Warren Buffett is rapidly dumping stocks and stacking cash. What’s he planning for?

Source Cryptopolitan

Warren Buffett is selling off billions in stocks and hoarding more cash than ever, but no one knows why. The 94-year-old Berkshire Hathaway CEO has unloaded over $134 billion worth of equities in 2024 alone, cutting deep into his company’s biggest holdings.

At the same time, Warren is sitting on an all-time high of $334 billion in cash, even as US interest rates are expected to drop. His 2024 annual letter, released on Saturday, was supposed to answer the biggest question on investors’ minds: Why is Berkshire offloading stocks at record speed?

But instead of an explanation, Warren doubled down on his love for equities, writing, “Despite what some commentators currently view as an extraordinary cash position at Berkshire, the great majority of your money remains in equities. That preference won’t change.”

His actions, however, tell a different story, and this is the longest continuous selling streak in Berkshire’s history.

In total, Berkshire sold $143 billion worth of stocks throughout 2024, while buying just $9.2 billion, making it one of his most aggressive divestment years. This sell-off was led by reductions in Apple and Bank of America, two of Berkshire’s largest stock positions.

Warren Buffett breaks an investment pattern

The fourth quarter of 2024 was the first time in over a decade that Berkshire bought back zero shares, and Warren confirmed that the company had not repurchased any stock in early 2025 either. This was despite Berkshire posting a record 27% rise in operating earnings.

“Berkshire shareholders can rest assured that we will forever deploy a substantial majority of their money in equities – mostly American equities although many of these will have international operations of significance. Berkshire will never prefer ownership of cash-equivalent assets over the ownership of good businesses, whether controlled or only partially owned,” Warren wrote in his letter to the shareholders.

But after selling more stocks than he has in years, piling up a cash hoard bigger than the GDP of most countries, and refusing to buy even his own company’s shares, many aren’t convinced.
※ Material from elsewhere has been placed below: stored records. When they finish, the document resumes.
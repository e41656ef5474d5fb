-- ===== src/Framing/Prefix/Truncated.antt =====
-- framing.go: a uint32 frame that the stream's end cuts short, by `unexpectedEOF`.
use gopher_socks.Common.{
  ℕ, ◌^◌, ◌≤◌, ◌<◌, ◌≡◌, refl, ap, ◌∙◌, sym, List, [], ◌∷◌, ◌++◌, length, arith, false, true, ◌≢◌,
  append-split, length-append, leb, ltb,
}
use gopher_socks.Common.Int.{ℤ, to_u64}
use gopher_socks.Errors.{Error, Sentinel, sentinel, eof, unexpected_eof, ok, err}
use gopher_socks.Framing.Reader.{Reader, Read, read_full}
use gopher_socks.Framing.Bytes.{be32, from_be32-be32}
use gopher_socks.Framing.Prefix.{
  mid_frame, read_payload, eof_error, read_header, append_uint32, header_number, read_uint32_frame,
}
use gopher_socks.Framing.Prefix.Payload.{read_full-append, append_uint32-frame}
use native.Mathlib.Decide.{dec_lt}

-- The end of the stream before a frame is a clean one, and inside a frame it is not.
abbrev pub cut_short : List ℕ → Sentinel
cut_short [] = eof
cut_short (b ∷ q) = unexpected_eof

read_full-short :
    (r : Reader) (n : ℕ) (q : List ℕ)
    → r.bytes ≡ q
    → length q < n
    → r.fail ≡ sentinel eof
    → (read_full r n).0 ≡ err (sentinel (cut_short q))
unfolding read_full
read_full-short r n [] hb h e =
    let no_room : leb n (length r.bytes) ≡ false = ground arith in rw (no_room, hb, e)
read_full-short r n (b ∷ q) hb h e =
    let no_room : leb n (length r.bytes) ≡ false = ground arith in rw (no_room, hb, e)

mid_frame-cut :
    (m : Read) (q : List ℕ)
    → m.0 ≡ err (sentinel (cut_short q))
    → (mid_frame true m).0 ≡ err (sentinel unexpected_eof)
unfolding eof_error
mid_frame-cut (ok p, r) q h = cc
mid_frame-cut (err e, r) [] h = let k : e ≡ sentinel eof = cc in rw k
mid_frame-cut (err e, r) (b ∷ q) h = let k : e ≡ sentinel unexpected_eof = cc in rw k

read_payload-short :
    (r : Reader) (n : ℕ) (max : ℤ) (q : List ℕ)
    → r.bytes ≡ q
    → length q < n
    → n ≤ to_u64 max
    → r.fail ≡ sentinel eof
    → (read_payload r n max).0 ≡ err (sentinel unexpected_eof)
unfolding read_payload
read_payload-short r n max q hb h fits e =
    let small : ltb (to_u64 max) n ≡ false = ground arith in
    rw small (mid_frame-cut (read_full r n) q (read_full-short r n q hb h e))

header-err :
    (m : Read) (max : ℤ) (e : Error) → m.0 ≡ err e → (read_header (header_number m) max).0 ≡ err e
unfolding read_header eof_error
header-err (ok p, r) max e h = cc
header-err (err x, r) max e h = h

-- If the stream ends (io.EOF) inside the uint32 frame of a payload below 2 ^ 32 bytes and within max,
-- reading fails with io.ErrUnexpectedEOF, and with io.EOF if it ends before the frame's first byte.
pub read_uint32-truncated :
    (max : ℤ) (p q s : List ℕ) (r : Reader)
    → length p < 2 ^ 32
    → length p ≤ to_u64 max
    → q ++ s ≡ (append_uint32 [] p).0
    → s ≢ []
    → r.bytes ≡ q
    → r.fail ≡ sentinel eof
    → (read_uint32_frame r max).0 ≡ err (sentinel (cut_short q))
unfolding read_uint32_frame
read_uint32-truncated max p q s r h fits split more hb e = elim (dec_lt (length q) 4) [
  | yes few ↦
      header-err (read_full r 4) max (sentinel (cut_short q)) (read_full-short r 4 q hb few e)
  | no enough ↦
      let (q', front, back) = append-split (be32 (length p)) p q s whole (omega arith) in
      rw (read_full-append r 4 (be32 (length p)) q' refl (hb ∙ front), from_be32-be32 (length p) h)
        (unfold read_header in
          read_payload-short (record r { bytes = q' }) (length p) max q' refl
            (omega (arith, ap length back, length-append q' s, nonempty s more)) fits e
          ∙ ap (λ l. err (sentinel (cut_short l))) (sym front))
]
  where
    whole : q ++ s ≡ be32 (length p) ++ p
    whole = split ∙ ap (λ a. a.0) (append_uint32-frame [] p h)

    nonempty : (l : List ℕ) → l ≢ [] → 1 ≤ length l
    nonempty [] n = absurd (n refl)
    nonempty (x ∷ l) n = omega arith
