-- ===== src/Framing/Tests.antt =====
-- framing.go on concrete inputs, some of them those of framing_test.go.
use gopher_socks.Common.{length, ℕ, ◌≤◌, ◌≡◌, refl, ◌≢◌, List, [], ◌∷◌, ◌++◌, some, arith, Bool}
use gopher_socks.Common.Int.{pos}
use gopher_socks.Errors.{
  sentinel, eof, unexpected_eof, frame_too_large, empty_delimiter, Result, ok, err, errorf,
}
use gopher_socks.Framing.Reader.{Reader, scan, read_full, read_uvarint, uvarint_loop}
use gopher_socks.Framing.Bytes.{bytes_equal}
use gopher_socks.Framing.Legacy.{
  Legacy, default_delimiter, append, frame_end, round, read_one, read_loop, read, new_legacy,
}
use gopher_socks.Framing.Legacy.Frames.{frame}
use gopher_socks.Framing.Legacy.RoundTrip.{read-append, Unambiguous}
use gopher_socks.Framing.Legacy.Sound.{read-Delivers, read-total, Delivers}
use gopher_socks.Framing.Legacy.Limit.{read_over_max, read_any_max}
use gopher_socks.Framing.Legacy.Clear.{none_ends, is_clear, is_clear_iff}
use gopher_socks.Framing.Prefix.{
  append_uint32, read_uint32_frame, read_uvarint_frame, read_header, read_payload,
}
use gopher_socks.Framing.Prefix.Sound.{read_uint32_sound, read_uvarint_sound}
use gopher_socks.Framing.Prefix.Truncated.{read_uint32-truncated}

abbrev legacy : Legacy
legacy = record { delim = default_delimiter }

abbrev stream : List ℕ → Reader
stream bs = record { bytes = bs; size = 16; fail = sentinel eof }

-- A payload that holds the delimiter, as a protobuf message may.
abbrev wedge : List ℕ
wedge = 0x08 ∷ 0x01 ∷ 10 ∷ 10 ∷ 10 ∷ 0x12 ∷ []

delimiter_inside :
    read legacy (stream ((append legacy [] wedge).0 ++ 7 ∷ [])) (pos 100)
    ≡ some (ok wedge, stream (7 ∷ []))
unfolding read read_loop read_one round frame_end append scan bytes_equal
delimiter_inside = refl

empty_skipped :
    read legacy (stream ((append legacy [] []).0 ++ (append legacy [] wedge).0)) (pos 100)
    ≡ some (ok wedge, stream [])
unfolding read read_loop read_one round frame_end append scan bytes_equal
empty_skipped = refl

-- The payload that the fuzzer found: it begins with an empty frame.
ambiguous : is_clear legacy (0 ∷ 0 ∷ 10 ∷ 10 ∷ 10 ∷ 1 ∷ []) ≡ Bool.false
unfolding is_clear none_ends frame_end frame bytes_equal
ambiguous = refl

no_delimiter : new_legacy [] ≡ err (sentinel empty_delimiter)
unfolding new_legacy
no_delimiter = refl

wedge-Unambiguous : Unambiguous legacy wedge
unfolding is_clear none_ends frame_end frame bytes_equal
wedge-Unambiguous = (is_clear_iff legacy wedge).0 refl

delim_full : default_delimiter ≢ []
delim_full e = cc

read-append_example :
    read legacy (stream ((append legacy [] wedge).0 ++ 7 ∷ [])) (pos 6)
    ≡ some (ok wedge, stream (7 ∷ []))
read-append_example =
    read-append legacy (pos 6) 0x08 (0x01 ∷ 10 ∷ 10 ∷ 10 ∷ 0x12 ∷ []) (7 ∷ [])
      (stream ((append legacy [] wedge).0 ++ 7 ∷ [])) delim_full wedge-Unambiguous (omega arith)
      (omega arith) (omega arith) refl

read-Delivers_example :
    Delivers legacy (pos 100) (stream (5 ∷ 0 ∷ 1 ∷ 10 ∷ 10 ∷ 10 ∷ [])) (5 ∷ []) []
unfolding read read_loop read_one round frame_end scan bytes_equal
read-Delivers_example =
    read-Delivers legacy (pos 100) (stream (5 ∷ 0 ∷ 1 ∷ 10 ∷ 10 ∷ 10 ∷ [])) (stream []) (5 ∷ [])
      (omega arith) (omega arith) refl

read-total_example :
    (res : Result (List ℕ)) × (r' : Reader) × (read legacy (stream (1 ∷ 10 ∷ [])) (pos 5)
      ≡ some (res, r'))
read-total_example = read-total legacy (pos 5) (stream (1 ∷ 10 ∷ [])) (omega arith)

read_over_max_example :
    read legacy (stream ((append legacy [] wedge).0 ++ [])) (pos 5) ≡ some (ok wedge, stream [])
read_over_max_example =
    read_over_max legacy 5 0x08 (0x01 ∷ 10 ∷ 10 ∷ 10 ∷ 0x12 ∷ []) []
      (stream ((append legacy [] wedge).0 ++ [])) delim_full wedge-Unambiguous (omega arith)
      (omega arith) (omega arith) refl

-- With ";" for a delimiter a limit of 1 lets three bytes through.
read_any_max_example :
    read (record { delim = 59 ∷ [] }) (stream (1 ∷ 2 ∷ 3 ∷ 0 ∷ 3 ∷ 59 ∷ 9 ∷ [])) (pos 1)
    ≡ some (ok (1 ∷ 2 ∷ 3 ∷ []), stream (9 ∷ []))
unfolding append
read_any_max_example =
    read_any_max (record { delim = 59 ∷ [] }) (pos 1) 1 (2 ∷ 3 ∷ []) (1 ∷ 2 ∷ 3 ∷ 0 ∷ 3 ∷ [])
      (9 ∷ []) (stream (1 ∷ 2 ∷ 3 ∷ 0 ∷ 3 ∷ 59 ∷ 9 ∷ [])) (omega arith) refl
      (refl, (refl, (refl, (refl, (refl, tt))))) (omega arith) refl

too_large :
    read_uint32_frame (stream (0 ∷ 0 ∷ 0 ∷ 9 ∷ 1 ∷ [])) (pos 8)
    ≡ (err (errorf "%w: %d > %d" (pos 9 ∷ pos 8 ∷ []) (sentinel frame_too_large)), stream (1 ∷ []))
unfolding read_uint32_frame read_header read_payload read_full
too_large = refl

read_uint32_sound_example :
    (0 ∷ 0 ∷ 0 ∷ 1 ∷ 5 ∷ 6 ∷ [] ≡ (append_uint32 [] (5 ∷ [])).0 ++ 6 ∷ []) × (1 ≤ 8)
unfolding read_uint32_frame read_header read_payload read_full
read_uint32_sound_example =
    read_uint32_sound (pos 8) (stream (0 ∷ 0 ∷ 0 ∷ 1 ∷ 5 ∷ 6 ∷ [])) (stream (6 ∷ [])) (5 ∷ [])
      (omega arith) refl

read_uint32-truncated_example :
    (read_uint32_frame (stream (0 ∷ 0 ∷ 0 ∷ 2 ∷ 5 ∷ [])) (pos 8)).0 ≡ err (sentinel unexpected_eof)
unfolding append_uint32
read_uint32-truncated_example =
    read_uint32-truncated (pos 8) (5 ∷ 6 ∷ []) (0 ∷ 0 ∷ 0 ∷ 2 ∷ 5 ∷ []) (6 ∷ [])
      (stream (0 ∷ 0 ∷ 0 ∷ 2 ∷ 5 ∷ [])) (omega arith) (omega arith) refl (λ e. cc) refl refl

abbrev five : List ℕ
five = 5 ∷ []

read_uvarint_sound_example :
    ((read_uvarint (stream (1 ∷ 5 ∷ 6 ∷ []))).0 ≡ ok (length five))
    × (length five ≤ 8)
    × ((hdr : List ℕ) × (1 ∷ 5 ∷ 6 ∷ [] ≡ hdr ++ (five ++ 6 ∷ [])) × (length hdr ≤ 10))
unfolding read_uvarint_frame read_header read_payload read_full read_uvarint uvarint_loop
read_uvarint_sound_example =
    read_uvarint_sound (pos 8) (stream (1 ∷ 5 ∷ 6 ∷ [])) (stream (6 ∷ [])) five refl
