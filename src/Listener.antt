-- ===== src/Listener.antt =====
-- The package listener.
pub mod Config
pub mod HostPort
pub mod Logging
pub mod Stream
pub mod Server
pub mod Accept
pub mod Tcp
pub mod Udp
pub mod Quic
pub mod WebSocket
pub mod Interleaving
mod Tests
mod ServerTests
mod RestartTests
pub mod Session
pub mod Lifecycle
pub mod Interface
pub mod Restart
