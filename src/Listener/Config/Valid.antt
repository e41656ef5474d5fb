-- ===== src/Listener/Config/Valid.antt =====
-- errors.go: what `ValidateConfig` accepts, and which configurations the options build.
use gopher_socks.Common.{◌≤◌, ◌≡◌, ◌↔◌, none, arith}
use gopher_socks.Common.Int.{pos, ◌≤ℤ◌}
use gopher_socks.Listener.Config.{ServerConfig, default_config, validate_config}

-- The bounds that a server relies on.
pub record IsValid (c : ServerConfig) : Type 0 where
  pub some_length : 1 ≤ c.max_length
  pub buffered : pos 1 ≤ℤ c.buffer_size
  pub admitting : pos 1 ≤ℤ c.max_connections
  pub read_time : pos 0 ≤ℤ c.read_timeout
  pub write_time : pos 0 ≤ℤ c.write_timeout

-- `ValidateConfig` accepts exactly the configurations within the bounds.
pub validate_config_iff : (c : ServerConfig) → (validate_config c ≡ none) ↔ IsValid c
unfolding validate_config
validate_config_iff c = (λ h. ground arith, λ v. ground arith)

pub default_config-IsValid : IsValid default_config
default_config-IsValid = omega arith
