-- ===== src/Listener/Interface.antt =====
-- listener/interfaces.go: the interface Listener, what Listener.Restart relies on of it, and what follows from that for every
-- server. Listener.Interface.Servers has the four servers.
pub mod Servers
pub mod Hosts
pub mod Laws
use Prim.Native.String.{String}
use gopher_socks.Common.{
  ℕ, ◌≡◌, ◌≢◌, refl, sym, ap, subst, ◌∙◌, List, [], ◌∷◌, Option, none, some, Bool, true, false,
}
use gopher_socks.Common.Assoc.{lookup}
use gopher_socks.Errors.{Error, sentinel, server_stopped}
use gopher_socks.Listener.Server.{SessionRef, Server, World, enter, stop_to_wait}
use gopher_socks.Listener.Server.Stopping.{stop_to_wait-Stops}

-- `Listener`. `Env` is what the network answers to one call; `bound_to` names the listener or socket
-- that Listen has made. The result of `serve` is `none` while it runs; `start_listener` also tells whether
-- it has started a Serve.
pub record Listener (Env S : Type 0) : Type 0 where
  pub server_of : S → Server
  pub bound_to : S → Option ℕ
  pub listen : Env → S → Option Error × S
  pub serve : Env → S → Option (Option Error) × S
  pub start_listener : Env → S → Option Error × Bool × S
  pub stop_listener : Env → S → Option Error × S
  pub set_announce_new_session : Option ℕ → ℕ → S → S
  pub get_active_sessions : S → List (String × SessionRef)
  pub get_session : S → String → Option SessionRef

-- What is relied on of the methods.
pub record IsListener {Env S : Type 0} (l : Listener Env S) : Type 0 where
  pub listens_once :
      (env : Env) (s : S) (n : ℕ) → l.bound_to s ≡ some n → l.listen env s ≡ (none, s)
  pub binds : (env : Env) (s : S) → (l.listen env s).0 ≡ none → l.bound_to (l.listen env s).1 ≢ none
  pub stays_unbound :
      (env : Env) (s : S) (e : Error) → (l.listen env s).0 ≡ some e → (l.listen env s).1 ≡ s
  pub listen_sessions : (env : Env) (s : S) → l.server_of (l.listen env s).1 ≡ l.server_of s
  pub serve_unbound :
      (env : Env) (s : S) (e : Error)
      → (l.listen env s).0 ≡ some e
      → l.serve env s ≡ (some (some e), s)
  pub serve_bound :
      (env : Env) (s : S)
      → (l.listen env s).0 ≡ none
      → l.serve env s ≡ l.serve env (l.listen env s).1
  pub serve_stopped :
      (env : Env) (s : S) (n : ℕ)
      → l.bound_to s ≡ some n
      → enter (l.server_of s) ≡ (false, l.server_of s)
      → l.serve env s ≡ (some (some (sentinel server_stopped)), s)
  pub start_error :
      (env : Env) (s : S) (e : Error)
      → (l.listen env s).0 ≡ some e
      → l.start_listener env s ≡ (some e, false, s)
  pub start_served :
      (env : Env) (s : S)
      → (l.listen env s).0 ≡ none
      → l.start_listener env s ≡ (none, true, (l.listen env s).1)
  pub stops :
      (env : Env) (s : S)
      → (w : World) × ((w.server ≡ l.server_of s)
          × (l.server_of (l.stop_listener env s).1 ≡ (stop_to_wait w).server))
  pub stays_bound : (env : Env) (s : S) → l.bound_to (l.stop_listener env s).1 ≡ l.bound_to s
  pub found_active : (s : S) (k : String) → l.get_session s k ≡ lookup k (l.get_active_sessions s)

-- StartListener returns nil and starts Serve, which returns ErrServerStopped; nothing changes.
pub record Unserved {ℓ} {S : Type ℓ} (start : S → Option Error × Bool × S)
    (serve : S → Option (Option Error) × S) (s : S) : Type ℓ where
  pub starts : start s ≡ (none, true, s)
  pub stops : serve s ≡ (some (some (sentinel server_stopped)), s)

module _ {Env S : Type 0} (l : Listener Env S) (lawful : IsListener l) where
  -- A listener whose server enters no more: what StartListener does with it.
  pub bound-Unserved :
      (env : Env) (s : S) (n : ℕ)
      → l.bound_to s ≡ some n
      → enter (l.server_of s) ≡ (false, l.server_of s)
      → Unserved (l.start_listener env) (l.serve env) s
  bound-Unserved env s n h no_entry =
      let again = lawful.listens_once env s n h in
      record {
        starts =
            lawful.start_served env s (ap (λ r. r.0) again) ∙ ap (λ r. (none, true, r.1)) again;
        stops = lawful.serve_stopped env s n h no_entry;
      }

  -- After StopListener of a server that was bound.
  pub stopped-Unserved :
      (closing env : Env) (s : S) (n : ℕ)
      → l.bound_to s ≡ some n
      → Unserved (l.start_listener env) (l.serve env) (l.stop_listener closing s).1
  stopped-Unserved closing env s n h =
      let (w, (was, is)) = lawful.stops closing s in
      bound-Unserved env (l.stop_listener closing s).1 n (lawful.stays_bound closing s ∙ h)
        (subst (λ v. enter v ≡ (false, v)) (sym is) (stop_to_wait-Stops w).refuses)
His 2024 sell-off comes in the middle of one of the strongest stock market rallies in years. The S&P 500 surged over 20% for two consecutive years, and stocks remain near all-time highs. Yet, Warren—who has consistently outperformed the stock market for years now—isn’t buying. He’s selling.

A strategy for Greg Abel? Or a warning sign?

At Berkshire’s 2023 annual meeting, Warren shocked investors by announcing that Greg Abel, his long-time vice chairman, would take over all investment decisions, including control over Berkshire’s $368 billion stock portfolio.

Some analysts believe the cash piling is about Warren preparing Berkshire for Abel’s leadership. By liquidating stocks, Warren may be giving Abel a clean slate, making sure his successor has the flexibility to make big decisions without being tied to Warren’s legacy investments.

Warren himself hinted at Abel’s influence in his latest letter, saying, “Often, nothing looks compelling; very infrequently we find ourselves knee-deep in opportunities. Greg has vividly shown his ability to act at such times as did Charlie.”

That comparison to Charlie Munger, Warren’s late right-hand man, was another big sign of his endorsement of Abel’s decision-making skills. 

Despite his massive stock sell-offs, Warren is still active in one area: Japan. Berkshire has been steadily increasing its stakes in five Japanese trading houses, a position Warren started nearly six years ago.

Unlike his American holdings, Warren made it clear that he plans to keep expanding in Japan, writing in his letter that: “Over time, you will likely see Berkshire’s ownership of all five increase somewhat.”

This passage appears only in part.